▼

-- ===== src/Backups/Spared.antt =====
-- Which pgBackRest resources getPGBackRestResources deletes, and which it hands on.

use mathlib.Core.List.{append_assoc, append-nil}
use ivory_operator.Backups.{
  dedicated_repo_host_enabled, backup_schedule_found, label_pgbackrest_repo,
  label_pgbackrest_backup, Repo,
}
use ivory_operator.Backups.Cleanup.{
  pgbackrest_ssh_secret, for_schedule, pgbackrest_ssh_config, label_pgbackrest_restore,
  label_pgbackrest_cron_job, label_pgbackrest_config, label_pgbackrest_dedicated, Cleaned,
  RepoResource, repo_of, cleanup_from, CleanupSpec, keep_resource, has_label, ResourcesEnv,
  for_repos,
}
use ivory_operator.Prelude.{
  concat, lookup, if◌then◌else◌, is_some, Option, String, label, some≢none, not, ◌||◌, ◌∙◌,
  Option-cases, inr, sym, ap, str_eq, refl, inl, arith, subst, some, ◌&&◌, ◌++◌, ◌⊎◌, All, none, [],
  Bool, ◌∷◌, false, any, ◌≡◌, List,
}
use ivory_operator.Volumes.Existing.{label_pgbackrest_repo_volume}

-- The first repository of a name.
unfoldable pub first_named : String → List Repo → Option Repo
first_named name [] = none
first_named name (repo ∷ rest) =
    let later = first_named name rest in if str_eq repo.name name then some repo else later

-- The schedule of a CronJob is that of the first repository of the name on its label.
unfoldable pub is_scheduled_by : List Repo → RepoResource → Bool
unfolding first_named label
is_scheduled_by repos r = elim (first_named (label label_pgbackrest_repo r.labels) repos) [
  | none ↦ false
  | some repo ↦ backup_schedule_found repo (label label_pgbackrest_cron_job r.labels)
]

-- What makes a resource be asked for, by the first of its labels: a configuration always; a part of the
-- dedicated repository host while it is enabled, save the configuration and the secret of SSH; the
-- volume of a repository that has a volume; a backup for a repository; a CronJob with a schedule; a
-- restore before the cluster is bootstrapped.
unfoldable pub is_needed : CleanupSpec → RepoResource → Bool
unfolding label any is_scheduled_by
is_needed spec r =
    let dedicated = is_some (lookup label_pgbackrest_dedicated r.labels) in
    let volume = is_some (lookup label_pgbackrest_repo_volume r.labels) in
    let backup = is_some (lookup label_pgbackrest_backup r.labels) in
    let cron_job = is_some (lookup label_pgbackrest_cron_job r.labels) in
    let restore = is_some (lookup label_pgbackrest_restore r.labels) in
    let named = label label_pgbackrest_repo r.labels in
    is_some (lookup label_pgbackrest_config r.labels)
    || dedicated
      && (dedicated_repo_host_enabled spec.repos
          && not (str_eq r.name (concat (spec.cluster_name ∷ "-ssh-config" ∷ [])))
          && not (str_eq r.name (concat (spec.cluster_name ∷ "-ssh" ∷ []))))
    || not dedicated
      && (volume && any (λ (repo : Repo). repo.has_volume && str_eq repo.name named) spec.repos
          || not volume
            && (backup && any (λ (repo : Repo). str_eq repo.name named) spec.repos
                || not backup
                  && (cron_job && is_scheduled_by spec.repos r
                      || not cron_job && (restore && not spec.bootstrapped))))

abbrev pub IsUnneeded : CleanupSpec → RepoResource → Type 0
IsUnneeded spec r = is_needed spec r ≡ false

-- A loop over the repositories appends nothing exactly when none fits, and only the resource.
for_repos-any :
    (fits : Repo → Bool) (repos : List Repo) (r : RepoResource)
    → for_repos fits repos r ≡ []
    → any fits repos ≡ false
unfolding for_repos any
for_repos-any fits [] r e = refl
for_repos-any fits (repo ∷ rest) r e = ground (arith, for_repos-any fits rest r)

for_schedule-is_scheduled_by :
    (repos : List Repo) (r : RepoResource)
    → for_schedule repos r ≡ []
    → is_scheduled_by repos r ≡ false
unfolding for_schedule is_scheduled_by first_named repo_of
for_schedule-is_scheduled_by [] r e = refl
for_schedule-is_scheduled_by (repo ∷ rest) r e = ground (arith, for_schedule-is_scheduled_by rest r)

keep_resource-IsUnneeded :
    (spec : CleanupSpec) (r : RepoResource) → keep_resource spec r ≡ [] → IsUnneeded spec r
unfolding keep_resource is_needed has_label repo_of pgbackrest_ssh_config pgbackrest_ssh_secret
keep_resource-IsUnneeded spec r e =
    let volume =
      for_repos-any (λ (repo : Repo). repo.has_volume && str_eq repo.name (repo_of r)) spec.repos
        r in
    let backup = for_repos-any (λ (repo : Repo). str_eq repo.name (repo_of r)) spec.repos r in
    ground (arith, volume, backup, for_schedule-is_scheduled_by spec.repos r)

pub List-cases : {A : Type 0} → (l : List A) → (l ≡ []) ⊎ ((c : A) × (cs : List A) × (l ≡ c ∷ cs))
List-cases [] = inl refl
List-cases (c ∷ cs) = inr (c, cs, refl)

-- What is kept of a list, and what is deleted, newest first.
unfoldable pub kept_resources : CleanupSpec → List RepoResource → List RepoResource
kept_resources spec [] = []
kept_resources spec (r ∷ rest) = keep_resource spec r ++ kept_resources spec rest

unfoldable pub delete_resources :
    CleanupSpec → List RepoResource → List RepoResource → List RepoResource
delete_resources spec [] deleted = deleted
delete_resources spec (r ∷ rest) deleted =
    delete_resources spec rest (elim (keep_resource spec r) [ [] ↦ r ∷ deleted | c ∷ cs ↦ deleted ])

module _ {E : Type 0} (env : ResourcesEnv E) (spec : CleanupSpec) where
  -- The three ways of a round.
  pub cleanup_from-deleted :
      (r : RepoResource) (rest owned deleted : List RepoResource)
      → keep_resource spec r ≡ []
      → env.delete deleted r ≡ none
      → cleanup_from env spec (r ∷ rest) owned deleted
        ≡ cleanup_from env spec rest owned (r ∷ deleted)
  unfolding cleanup_from
  cleanup_from-deleted r rest owned deleted e ok = ground (arith, e, ok)

  pub cleanup_from-failed :
      (r : RepoResource) (rest owned deleted : List RepoResource) (err : E)
      → keep_resource spec r ≡ []
      → env.delete deleted r ≡ some err
      → cleanup_from env spec (r ∷ rest) owned deleted
        ≡ record { owned = []; err = some err; deleted = r ∷ deleted }
  unfolding cleanup_from
  cleanup_from-failed r rest owned deleted err e bad = ground (arith, e, bad)

  pub cleanup_from-kept :
      (r : RepoResource) (rest owned deleted : List RepoResource) (c : RepoResource)
      (cs : List RepoResource)
      → keep_resource spec r ≡ c ∷ cs
      → cleanup_from env spec (r ∷ rest) owned deleted
        ≡ cleanup_from env spec rest (owned ++ c ∷ cs) deleted
  unfolding cleanup_from
  cleanup_from-kept r rest owned deleted c cs e = ground (arith, e)

  pub cleanup_from-IsUnneeded :
      (items owned deleted : List RepoResource)
      → All (IsUnneeded spec) deleted
      → All (IsUnneeded spec) (cleanup_from env spec items owned deleted).deleted
  unfolding cleanup_from
  cleanup_from-IsUnneeded [] owned deleted before = before
  cleanup_from-IsUnneeded (r ∷ rest) owned deleted before =
      elim (List-cases (keep_resource spec r)) [
        | inr (c, cs, e) ↦
            back (cleanup_from-kept r rest owned deleted c cs e)
              (cleanup_from-IsUnneeded rest (owned ++ c ∷ cs) deleted before)
        | inl e ↦
            let here = keep_resource-IsUnneeded spec r e in
            elim (Option-cases (env.delete deleted r)) [
              | inl ok ↦
                  back (cleanup_from-deleted r rest owned deleted e ok)
                    (cleanup_from-IsUnneeded rest owned (r ∷ deleted) (here, before))
              | inr (err, bad) ↦
                  back (cleanup_from-failed r rest owned deleted err e bad) (here, before)
            ]
      ]
    where
      back :
          {x y : Cleaned E}
          → x ≡ y
          → All (IsUnneeded spec) y.deleted
          → All (IsUnneeded spec) x.deleted
      back e h = subst (λ (c : Cleaned E). All (IsUnneeded spec) c.deleted) (sym e) h

  delete_resources-deleted :
      (r : RepoResource) (rest deleted : List RepoResource)
      → keep_resource spec r ≡ []
      → delete_resources spec (r ∷ rest) deleted ≡ delete_resources spec rest (r ∷ deleted)
  unfolding delete_resources
  delete_resources-deleted r rest deleted e = ground (arith, e)

  delete_resources-kept :
      (r : RepoResource) (rest deleted : List RepoResource) (c : RepoResource)
      (cs : List RepoResource)
      → keep_resource spec r ≡ c ∷ cs
      → delete_resources spec (r ∷ rest) deleted ≡ delete_resources spec rest deleted
  unfolding delete_resources
  delete_resources-kept r rest deleted c cs e = ground (arith, e)

  abbrev pub cleaned_all : List RepoResource → List RepoResource → Cleaned E
  cleaned_all owned deleted = record { owned = owned; err = none; deleted = deleted }

  -- Unless a deletion fails, what is kept and what is deleted are all that is listed, in order.
  pub cleanup_from-all :
      (items owned deleted : List RepoResource)
      → (cleanup_from env spec items owned deleted).err ≡ none
      → cleanup_from env spec items owned deleted
        ≡ cleaned_all (owned ++ kept_resources spec items) (delete_resources spec items deleted)
  unfolding cleanup_from kept_resources delete_resources
  cleanup_from-all [] owned deleted ok = ap (λ l. cleaned_all l deleted) (sym (append-nil owned))
  cleanup_from-all (r ∷ rest) owned deleted ok = elim (List-cases (keep_resource spec r)) [
    | inr (c, cs, e) ↦
        let step = cleanup_from-kept r rest owned deleted c cs e in
        step
        ∙ cleanup_from-all rest (owned ++ c ∷ cs) deleted
            (ap (λ (x : Cleaned E). x.err) (sym step) ∙ ok)
        ∙ (λ i.
            cleaned_all (append_assoc owned (c ∷ cs) (kept_resources spec rest) i)
              (sym (delete_resources-kept r rest deleted c cs e) i))
        ∙ ap
            (λ l.
              cleaned_all (owned ++ (l ++ kept_resources spec rest))
                (delete_resources spec (r ∷ rest) deleted))
            (sym e)
    | inl e ↦ elim (Option-cases (env.delete deleted r)) [
      | inl answered ↦
          let step = cleanup_from-deleted r rest owned deleted e answered in
          step
          ∙ cleanup_from-all rest owned (r ∷ deleted)
              (ap (λ (x : Cleaned E). x.err) (sym step) ∙ ok)
          ∙ ap (cleaned_all (owned ++ kept_resources spec rest))
              (sym (delete_resources-deleted r rest deleted e))
          ∙ ap
              (λ l.
                cleaned_all (owned ++ (l ++ kept_resources spec rest))
                  (delete_resources spec (r ∷ rest) deleted))
              (sym e)
      | inr (err, bad) ↦ absurd (
          some≢none (
            ap (λ (x : Cleaned E). x.err) (sym (cleanup_from-failed r rest owned deleted err e bad))
            ∙ ok))
    ]
  ]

▲

> **Description of the task**
Repeat, character for character, the lines of the material above from the line with "for_repos-any fits (repo" through the line with "unfolding keep_resource is_needed".

> **Output for this exercise**
for_repos-any fits (repo ∷ rest) r e = ground (arith, for_repos-any fits rest r)

for_schedule-is_scheduled_by :
    (repos : List Repo) (r : RepoResource)
    → for_schedule repos r ≡ []
    → is_scheduled_by repos r ≡ false
unfolding for_schedule is_scheduled_by first_named repo_of
for_schedule-is_scheduled_by [] r e = refl
for_schedule-is_scheduled_by (repo ∷ rest) r e = ground (arith, for_schedule-is_scheduled_by rest r)

keep_resource-IsUnneeded :
    (spec : CleanupSpec) (r : RepoResource) → keep_resource spec r ≡ [] → IsUnneeded spec r
unfolding keep_resource is_needed has_label repo_of pgbackrest_ssh_config pgbackrest_ssh_secret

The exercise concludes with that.